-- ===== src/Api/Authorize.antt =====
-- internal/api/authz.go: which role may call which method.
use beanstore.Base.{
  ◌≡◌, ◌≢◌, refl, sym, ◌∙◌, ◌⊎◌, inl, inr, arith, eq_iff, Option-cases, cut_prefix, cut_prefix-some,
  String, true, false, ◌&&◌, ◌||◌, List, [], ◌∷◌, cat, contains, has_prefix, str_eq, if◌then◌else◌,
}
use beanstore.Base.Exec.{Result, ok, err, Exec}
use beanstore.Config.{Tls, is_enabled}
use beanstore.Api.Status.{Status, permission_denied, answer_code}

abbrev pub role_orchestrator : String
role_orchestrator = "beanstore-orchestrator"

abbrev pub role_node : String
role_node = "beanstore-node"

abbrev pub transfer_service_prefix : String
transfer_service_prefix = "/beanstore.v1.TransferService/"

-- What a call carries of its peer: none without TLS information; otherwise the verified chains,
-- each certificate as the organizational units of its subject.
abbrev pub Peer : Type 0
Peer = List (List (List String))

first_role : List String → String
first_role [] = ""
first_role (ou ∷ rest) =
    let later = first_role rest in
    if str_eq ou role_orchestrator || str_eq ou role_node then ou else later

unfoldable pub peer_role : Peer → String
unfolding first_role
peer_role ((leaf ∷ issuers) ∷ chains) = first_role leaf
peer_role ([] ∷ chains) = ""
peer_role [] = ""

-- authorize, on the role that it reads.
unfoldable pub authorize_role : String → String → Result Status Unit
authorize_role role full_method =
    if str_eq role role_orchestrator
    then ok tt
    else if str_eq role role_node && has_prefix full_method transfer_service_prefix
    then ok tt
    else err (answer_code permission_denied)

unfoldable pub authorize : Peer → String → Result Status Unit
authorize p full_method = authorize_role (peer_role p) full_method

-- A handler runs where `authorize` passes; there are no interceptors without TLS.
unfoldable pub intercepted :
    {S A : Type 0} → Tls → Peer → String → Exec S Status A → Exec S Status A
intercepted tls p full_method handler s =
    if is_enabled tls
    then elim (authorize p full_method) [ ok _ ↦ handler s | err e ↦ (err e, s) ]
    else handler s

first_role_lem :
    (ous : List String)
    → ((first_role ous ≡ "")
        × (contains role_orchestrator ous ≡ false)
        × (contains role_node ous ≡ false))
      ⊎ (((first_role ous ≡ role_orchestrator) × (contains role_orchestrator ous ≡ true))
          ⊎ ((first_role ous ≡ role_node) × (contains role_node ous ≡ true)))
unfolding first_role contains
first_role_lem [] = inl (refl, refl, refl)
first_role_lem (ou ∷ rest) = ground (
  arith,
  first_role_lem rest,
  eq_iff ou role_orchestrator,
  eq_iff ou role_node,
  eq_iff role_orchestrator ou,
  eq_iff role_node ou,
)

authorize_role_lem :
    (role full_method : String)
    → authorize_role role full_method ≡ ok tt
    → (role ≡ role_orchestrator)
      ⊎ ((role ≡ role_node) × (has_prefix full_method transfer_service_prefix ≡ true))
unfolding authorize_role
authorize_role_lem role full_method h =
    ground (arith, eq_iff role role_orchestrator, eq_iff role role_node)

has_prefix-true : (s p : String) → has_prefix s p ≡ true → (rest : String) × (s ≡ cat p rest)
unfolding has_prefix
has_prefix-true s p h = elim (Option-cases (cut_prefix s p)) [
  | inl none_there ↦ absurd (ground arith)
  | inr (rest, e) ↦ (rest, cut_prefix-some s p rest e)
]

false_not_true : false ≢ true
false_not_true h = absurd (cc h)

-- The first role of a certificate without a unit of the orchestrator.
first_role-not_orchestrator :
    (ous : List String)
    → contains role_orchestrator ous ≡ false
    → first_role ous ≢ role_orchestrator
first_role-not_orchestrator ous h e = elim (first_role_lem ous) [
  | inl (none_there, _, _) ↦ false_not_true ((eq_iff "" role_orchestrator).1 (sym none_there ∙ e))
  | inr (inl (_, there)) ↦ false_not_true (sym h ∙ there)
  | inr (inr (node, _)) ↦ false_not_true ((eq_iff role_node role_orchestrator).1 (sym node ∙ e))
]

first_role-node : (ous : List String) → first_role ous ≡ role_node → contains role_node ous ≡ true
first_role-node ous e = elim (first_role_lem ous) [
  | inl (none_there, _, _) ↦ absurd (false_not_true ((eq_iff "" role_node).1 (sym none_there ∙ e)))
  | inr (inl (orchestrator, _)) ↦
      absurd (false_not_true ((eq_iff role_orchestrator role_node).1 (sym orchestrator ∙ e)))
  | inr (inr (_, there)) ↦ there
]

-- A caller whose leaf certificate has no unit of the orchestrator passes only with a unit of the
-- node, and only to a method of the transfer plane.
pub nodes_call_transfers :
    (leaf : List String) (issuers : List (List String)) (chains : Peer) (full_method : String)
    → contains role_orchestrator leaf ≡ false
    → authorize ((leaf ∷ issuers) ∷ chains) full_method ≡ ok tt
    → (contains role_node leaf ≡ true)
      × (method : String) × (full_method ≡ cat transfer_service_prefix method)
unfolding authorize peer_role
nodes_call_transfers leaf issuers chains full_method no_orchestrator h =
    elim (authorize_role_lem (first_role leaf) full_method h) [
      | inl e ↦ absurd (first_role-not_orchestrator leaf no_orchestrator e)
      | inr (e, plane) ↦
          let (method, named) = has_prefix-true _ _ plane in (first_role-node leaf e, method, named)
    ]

=======

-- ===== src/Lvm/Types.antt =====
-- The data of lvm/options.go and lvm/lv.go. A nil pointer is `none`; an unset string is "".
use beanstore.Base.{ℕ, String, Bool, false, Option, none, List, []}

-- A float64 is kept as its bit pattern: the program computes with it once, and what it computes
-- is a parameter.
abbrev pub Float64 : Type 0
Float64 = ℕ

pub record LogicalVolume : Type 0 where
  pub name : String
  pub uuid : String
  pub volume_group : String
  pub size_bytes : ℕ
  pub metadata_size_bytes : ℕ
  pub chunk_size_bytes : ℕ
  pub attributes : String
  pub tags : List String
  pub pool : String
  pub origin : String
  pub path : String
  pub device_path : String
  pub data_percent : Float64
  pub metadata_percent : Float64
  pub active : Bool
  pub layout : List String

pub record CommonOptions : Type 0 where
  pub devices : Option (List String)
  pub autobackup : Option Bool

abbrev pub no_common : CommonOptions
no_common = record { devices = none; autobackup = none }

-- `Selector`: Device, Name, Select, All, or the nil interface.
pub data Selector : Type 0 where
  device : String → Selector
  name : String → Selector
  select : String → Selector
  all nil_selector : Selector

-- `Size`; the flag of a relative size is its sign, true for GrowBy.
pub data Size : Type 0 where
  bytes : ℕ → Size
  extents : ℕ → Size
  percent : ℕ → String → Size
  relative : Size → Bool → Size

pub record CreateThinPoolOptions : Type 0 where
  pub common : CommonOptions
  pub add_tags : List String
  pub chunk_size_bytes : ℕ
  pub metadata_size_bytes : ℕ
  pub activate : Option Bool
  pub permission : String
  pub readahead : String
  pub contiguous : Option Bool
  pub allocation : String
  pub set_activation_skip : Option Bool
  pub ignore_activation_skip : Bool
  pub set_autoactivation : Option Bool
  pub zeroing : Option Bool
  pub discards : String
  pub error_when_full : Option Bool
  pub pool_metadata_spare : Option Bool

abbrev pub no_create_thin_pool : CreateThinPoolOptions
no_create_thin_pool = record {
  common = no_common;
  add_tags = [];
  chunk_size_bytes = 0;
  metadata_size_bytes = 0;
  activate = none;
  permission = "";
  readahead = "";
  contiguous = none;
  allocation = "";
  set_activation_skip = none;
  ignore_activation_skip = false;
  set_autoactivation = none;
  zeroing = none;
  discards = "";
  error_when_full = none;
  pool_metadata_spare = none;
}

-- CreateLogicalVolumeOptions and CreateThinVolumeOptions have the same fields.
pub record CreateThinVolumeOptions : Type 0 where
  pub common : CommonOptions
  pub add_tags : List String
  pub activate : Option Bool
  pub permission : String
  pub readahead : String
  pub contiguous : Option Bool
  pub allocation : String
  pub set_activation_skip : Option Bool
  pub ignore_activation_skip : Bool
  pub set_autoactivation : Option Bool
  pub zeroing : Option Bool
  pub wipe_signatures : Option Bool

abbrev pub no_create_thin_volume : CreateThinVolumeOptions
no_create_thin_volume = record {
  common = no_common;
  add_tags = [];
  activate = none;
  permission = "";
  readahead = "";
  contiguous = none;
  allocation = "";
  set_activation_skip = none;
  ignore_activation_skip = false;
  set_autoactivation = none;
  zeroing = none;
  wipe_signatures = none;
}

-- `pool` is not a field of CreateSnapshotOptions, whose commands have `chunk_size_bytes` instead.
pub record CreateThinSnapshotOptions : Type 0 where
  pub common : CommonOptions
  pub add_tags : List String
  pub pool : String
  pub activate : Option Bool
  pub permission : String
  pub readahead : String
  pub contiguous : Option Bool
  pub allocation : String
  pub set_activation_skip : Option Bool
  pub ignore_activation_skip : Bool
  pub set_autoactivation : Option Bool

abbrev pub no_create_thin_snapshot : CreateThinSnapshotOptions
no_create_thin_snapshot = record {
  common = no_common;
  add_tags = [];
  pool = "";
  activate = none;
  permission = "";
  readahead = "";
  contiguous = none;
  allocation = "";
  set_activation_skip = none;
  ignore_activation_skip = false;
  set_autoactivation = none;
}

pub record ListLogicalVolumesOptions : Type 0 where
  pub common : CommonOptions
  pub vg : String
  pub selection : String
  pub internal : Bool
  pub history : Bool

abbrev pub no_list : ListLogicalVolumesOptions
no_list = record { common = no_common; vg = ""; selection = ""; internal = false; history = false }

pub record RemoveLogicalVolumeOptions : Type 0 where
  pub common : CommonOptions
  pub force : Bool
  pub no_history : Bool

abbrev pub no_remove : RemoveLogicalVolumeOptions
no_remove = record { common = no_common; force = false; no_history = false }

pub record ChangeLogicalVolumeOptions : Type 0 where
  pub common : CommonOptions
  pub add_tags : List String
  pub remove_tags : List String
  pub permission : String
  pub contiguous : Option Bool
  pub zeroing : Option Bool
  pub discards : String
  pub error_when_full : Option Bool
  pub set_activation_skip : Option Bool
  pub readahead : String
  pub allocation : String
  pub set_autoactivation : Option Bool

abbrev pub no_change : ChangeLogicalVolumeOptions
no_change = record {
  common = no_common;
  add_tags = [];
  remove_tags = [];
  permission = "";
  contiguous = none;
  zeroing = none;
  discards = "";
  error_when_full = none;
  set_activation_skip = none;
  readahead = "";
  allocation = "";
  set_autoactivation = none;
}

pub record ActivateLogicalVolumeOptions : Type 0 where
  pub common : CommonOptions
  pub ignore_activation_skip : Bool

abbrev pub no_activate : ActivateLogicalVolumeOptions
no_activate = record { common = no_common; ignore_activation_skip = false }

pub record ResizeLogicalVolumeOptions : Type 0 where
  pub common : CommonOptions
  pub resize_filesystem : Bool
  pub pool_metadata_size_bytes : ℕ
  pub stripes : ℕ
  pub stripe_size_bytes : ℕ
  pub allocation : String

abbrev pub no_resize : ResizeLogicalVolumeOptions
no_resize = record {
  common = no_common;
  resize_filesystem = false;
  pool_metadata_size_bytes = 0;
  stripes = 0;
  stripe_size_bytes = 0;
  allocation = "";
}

=======

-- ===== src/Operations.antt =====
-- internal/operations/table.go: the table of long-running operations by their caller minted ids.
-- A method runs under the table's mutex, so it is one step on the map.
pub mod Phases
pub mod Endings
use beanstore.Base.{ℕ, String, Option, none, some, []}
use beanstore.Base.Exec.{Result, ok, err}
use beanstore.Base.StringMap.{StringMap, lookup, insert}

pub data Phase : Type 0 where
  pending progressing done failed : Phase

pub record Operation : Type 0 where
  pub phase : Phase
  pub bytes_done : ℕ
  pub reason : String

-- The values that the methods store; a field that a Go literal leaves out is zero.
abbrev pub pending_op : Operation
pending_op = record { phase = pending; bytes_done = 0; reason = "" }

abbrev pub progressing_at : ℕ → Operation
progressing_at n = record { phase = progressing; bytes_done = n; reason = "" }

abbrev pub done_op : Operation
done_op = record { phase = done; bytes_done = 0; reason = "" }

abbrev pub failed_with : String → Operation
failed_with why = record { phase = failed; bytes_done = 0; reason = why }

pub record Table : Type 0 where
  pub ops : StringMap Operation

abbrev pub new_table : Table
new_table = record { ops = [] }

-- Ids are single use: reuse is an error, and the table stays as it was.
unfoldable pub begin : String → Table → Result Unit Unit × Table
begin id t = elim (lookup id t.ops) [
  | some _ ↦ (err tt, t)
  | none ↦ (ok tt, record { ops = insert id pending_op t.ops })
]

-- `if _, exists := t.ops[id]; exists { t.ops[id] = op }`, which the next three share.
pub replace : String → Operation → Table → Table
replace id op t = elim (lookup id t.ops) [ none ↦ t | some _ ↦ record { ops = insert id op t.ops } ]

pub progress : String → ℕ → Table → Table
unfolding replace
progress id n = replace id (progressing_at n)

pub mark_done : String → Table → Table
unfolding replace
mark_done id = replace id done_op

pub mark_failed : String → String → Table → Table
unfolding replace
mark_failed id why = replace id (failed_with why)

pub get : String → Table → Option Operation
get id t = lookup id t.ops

=======

▸ What the task asks:
Given the records above, return exactly the lines starting at the line containing "pub record Operation : Type 0 where" and ending at the line containing "abbrev pub progressing_at : ℕ → Operation", including both.

▸ Solution for this task:
pub record Operation : Type 0 where
  pub phase : Phase
  pub bytes_done : ℕ
  pub reason : String

-- The values that the methods store; a field that a Go literal leaves out is zero.
abbrev pub pending_op : Operation
pending_op = record { phase = pending; bytes_done = 0; reason = "" }

abbrev pub progressing_at : ℕ → Operation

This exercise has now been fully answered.